◆ WHAT THIS TASK INVOLVES ◆
Repeat the lines below exactly as written, please, from the line with "-- internal/cloud/aws/provider.go: how" to the line with "(min_count, max_count) ↦", both lines included, and no others.

******************************

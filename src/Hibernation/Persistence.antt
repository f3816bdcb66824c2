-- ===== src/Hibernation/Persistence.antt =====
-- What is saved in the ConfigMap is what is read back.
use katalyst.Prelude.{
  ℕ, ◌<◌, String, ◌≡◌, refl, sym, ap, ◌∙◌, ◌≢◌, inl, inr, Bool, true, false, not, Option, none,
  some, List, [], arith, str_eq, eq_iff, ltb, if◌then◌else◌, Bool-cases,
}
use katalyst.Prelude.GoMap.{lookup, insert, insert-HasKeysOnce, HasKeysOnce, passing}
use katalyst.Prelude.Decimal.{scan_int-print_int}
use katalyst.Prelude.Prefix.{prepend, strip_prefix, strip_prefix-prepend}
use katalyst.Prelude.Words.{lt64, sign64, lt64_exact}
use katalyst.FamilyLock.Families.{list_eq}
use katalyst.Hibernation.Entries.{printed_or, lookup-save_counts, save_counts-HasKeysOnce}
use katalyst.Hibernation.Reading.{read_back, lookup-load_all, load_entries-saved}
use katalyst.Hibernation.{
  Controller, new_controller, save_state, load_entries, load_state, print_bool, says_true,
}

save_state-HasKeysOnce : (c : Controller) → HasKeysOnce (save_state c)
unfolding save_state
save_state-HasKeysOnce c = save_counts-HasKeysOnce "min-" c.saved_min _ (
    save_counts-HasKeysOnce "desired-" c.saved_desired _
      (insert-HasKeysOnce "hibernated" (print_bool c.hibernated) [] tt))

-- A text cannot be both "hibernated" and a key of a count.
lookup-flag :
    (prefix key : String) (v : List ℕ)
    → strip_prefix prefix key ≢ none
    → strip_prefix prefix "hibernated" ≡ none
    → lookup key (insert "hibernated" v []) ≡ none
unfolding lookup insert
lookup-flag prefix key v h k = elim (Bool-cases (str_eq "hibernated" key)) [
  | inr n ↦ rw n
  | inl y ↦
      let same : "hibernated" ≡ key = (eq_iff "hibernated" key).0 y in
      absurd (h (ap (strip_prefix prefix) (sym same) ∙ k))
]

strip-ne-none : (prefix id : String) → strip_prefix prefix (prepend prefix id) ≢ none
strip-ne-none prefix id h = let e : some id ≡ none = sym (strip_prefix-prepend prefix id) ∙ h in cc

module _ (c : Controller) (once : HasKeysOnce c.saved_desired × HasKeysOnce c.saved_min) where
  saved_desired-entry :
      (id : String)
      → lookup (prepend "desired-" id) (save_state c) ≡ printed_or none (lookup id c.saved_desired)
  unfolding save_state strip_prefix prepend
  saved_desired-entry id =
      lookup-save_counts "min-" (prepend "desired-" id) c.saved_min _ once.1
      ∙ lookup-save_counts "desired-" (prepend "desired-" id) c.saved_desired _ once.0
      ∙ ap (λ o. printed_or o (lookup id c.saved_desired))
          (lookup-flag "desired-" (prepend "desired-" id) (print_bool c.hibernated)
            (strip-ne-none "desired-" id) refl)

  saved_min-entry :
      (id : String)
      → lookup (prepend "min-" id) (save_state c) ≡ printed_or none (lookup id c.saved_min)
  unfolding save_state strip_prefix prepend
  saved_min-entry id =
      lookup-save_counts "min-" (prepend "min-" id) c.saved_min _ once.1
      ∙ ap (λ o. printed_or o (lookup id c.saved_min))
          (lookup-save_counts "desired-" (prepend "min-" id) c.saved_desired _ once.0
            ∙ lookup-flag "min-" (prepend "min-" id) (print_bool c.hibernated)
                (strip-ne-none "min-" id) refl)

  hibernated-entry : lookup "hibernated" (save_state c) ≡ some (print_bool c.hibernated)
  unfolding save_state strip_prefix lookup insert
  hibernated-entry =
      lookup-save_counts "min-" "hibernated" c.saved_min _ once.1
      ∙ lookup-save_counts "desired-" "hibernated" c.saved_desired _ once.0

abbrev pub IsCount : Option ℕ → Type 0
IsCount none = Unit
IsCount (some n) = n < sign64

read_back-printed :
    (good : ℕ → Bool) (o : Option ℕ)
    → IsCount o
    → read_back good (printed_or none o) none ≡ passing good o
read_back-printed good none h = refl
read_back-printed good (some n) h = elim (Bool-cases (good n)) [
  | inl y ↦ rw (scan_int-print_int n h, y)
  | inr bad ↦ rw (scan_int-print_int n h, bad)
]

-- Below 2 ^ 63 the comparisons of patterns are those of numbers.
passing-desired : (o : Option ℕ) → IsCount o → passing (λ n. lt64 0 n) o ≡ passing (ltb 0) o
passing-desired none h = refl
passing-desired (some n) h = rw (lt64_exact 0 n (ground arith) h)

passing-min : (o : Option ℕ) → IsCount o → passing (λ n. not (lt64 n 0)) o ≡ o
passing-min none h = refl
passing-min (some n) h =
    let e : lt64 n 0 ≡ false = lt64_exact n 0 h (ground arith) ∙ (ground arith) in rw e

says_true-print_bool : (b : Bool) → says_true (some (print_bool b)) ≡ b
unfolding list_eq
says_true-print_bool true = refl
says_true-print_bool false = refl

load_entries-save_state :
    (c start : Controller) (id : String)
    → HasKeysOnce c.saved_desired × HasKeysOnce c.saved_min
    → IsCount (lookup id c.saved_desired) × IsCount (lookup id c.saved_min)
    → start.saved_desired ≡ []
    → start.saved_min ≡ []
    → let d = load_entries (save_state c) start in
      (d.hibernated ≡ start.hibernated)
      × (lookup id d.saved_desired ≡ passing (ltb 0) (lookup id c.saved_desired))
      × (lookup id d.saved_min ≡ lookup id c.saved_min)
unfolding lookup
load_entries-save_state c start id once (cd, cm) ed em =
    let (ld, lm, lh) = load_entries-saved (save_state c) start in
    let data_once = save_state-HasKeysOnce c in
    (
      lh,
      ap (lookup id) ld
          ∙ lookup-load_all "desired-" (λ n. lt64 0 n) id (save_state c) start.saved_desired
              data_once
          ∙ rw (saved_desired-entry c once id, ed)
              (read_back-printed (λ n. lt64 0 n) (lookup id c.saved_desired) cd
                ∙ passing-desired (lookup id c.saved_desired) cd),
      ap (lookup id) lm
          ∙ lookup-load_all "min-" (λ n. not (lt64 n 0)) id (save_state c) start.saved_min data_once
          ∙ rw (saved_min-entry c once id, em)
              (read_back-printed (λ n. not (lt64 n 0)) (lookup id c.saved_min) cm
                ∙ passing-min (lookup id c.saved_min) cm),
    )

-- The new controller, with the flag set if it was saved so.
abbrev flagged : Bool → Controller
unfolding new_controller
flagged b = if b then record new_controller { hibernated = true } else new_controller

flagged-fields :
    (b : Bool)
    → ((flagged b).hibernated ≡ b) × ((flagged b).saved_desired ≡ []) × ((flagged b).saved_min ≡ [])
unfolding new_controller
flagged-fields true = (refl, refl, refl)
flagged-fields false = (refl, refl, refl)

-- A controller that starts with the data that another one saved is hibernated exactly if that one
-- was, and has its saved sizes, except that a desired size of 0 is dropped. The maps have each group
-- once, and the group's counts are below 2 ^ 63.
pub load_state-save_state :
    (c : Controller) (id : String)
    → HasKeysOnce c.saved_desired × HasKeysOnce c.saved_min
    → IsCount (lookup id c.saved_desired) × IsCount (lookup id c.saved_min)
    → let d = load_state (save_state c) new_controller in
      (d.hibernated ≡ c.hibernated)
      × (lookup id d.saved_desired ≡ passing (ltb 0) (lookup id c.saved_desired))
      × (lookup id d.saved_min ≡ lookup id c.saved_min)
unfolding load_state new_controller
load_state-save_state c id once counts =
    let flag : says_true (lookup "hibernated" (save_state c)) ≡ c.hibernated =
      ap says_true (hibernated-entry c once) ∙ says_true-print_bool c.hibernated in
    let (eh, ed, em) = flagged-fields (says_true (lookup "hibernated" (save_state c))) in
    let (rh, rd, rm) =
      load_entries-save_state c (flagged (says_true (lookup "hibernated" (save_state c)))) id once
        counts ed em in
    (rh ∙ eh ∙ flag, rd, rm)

******************************

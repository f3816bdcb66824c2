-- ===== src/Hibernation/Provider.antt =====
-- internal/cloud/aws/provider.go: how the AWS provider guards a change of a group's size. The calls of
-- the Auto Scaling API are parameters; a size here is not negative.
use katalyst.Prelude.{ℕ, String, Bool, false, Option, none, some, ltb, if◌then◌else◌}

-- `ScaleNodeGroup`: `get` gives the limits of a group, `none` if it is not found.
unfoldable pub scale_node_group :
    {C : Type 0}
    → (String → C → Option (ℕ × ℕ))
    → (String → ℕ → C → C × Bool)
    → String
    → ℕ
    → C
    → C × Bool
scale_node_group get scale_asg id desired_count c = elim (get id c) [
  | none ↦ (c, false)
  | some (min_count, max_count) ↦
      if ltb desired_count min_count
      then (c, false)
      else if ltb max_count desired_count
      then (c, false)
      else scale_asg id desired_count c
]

******************************

◆ ANSWER FOR THIS EXERCISE ◆
-- internal/cloud/aws/provider.go: how the AWS provider guards a change of a group's size. The calls of
-- the Auto Scaling API are parameters; a size here is not negative.
use katalyst.Prelude.{ℕ, String, Bool, false, Option, none, some, ltb, if◌then◌else◌}

-- `ScaleNodeGroup`: `get` gives the limits of a group, `none` if it is not found.
unfoldable pub scale_node_group :
    {C : Type 0}
    → (String → C → Option (ℕ × ℕ))
    → (String → ℕ → C → C × Bool)
    → String
    → ℕ
    → C
    → C × Bool
scale_node_group get scale_asg id desired_count c = elim (get id c) [
  | none ↦ (c, false)
  | some (min_count, max_count) ↦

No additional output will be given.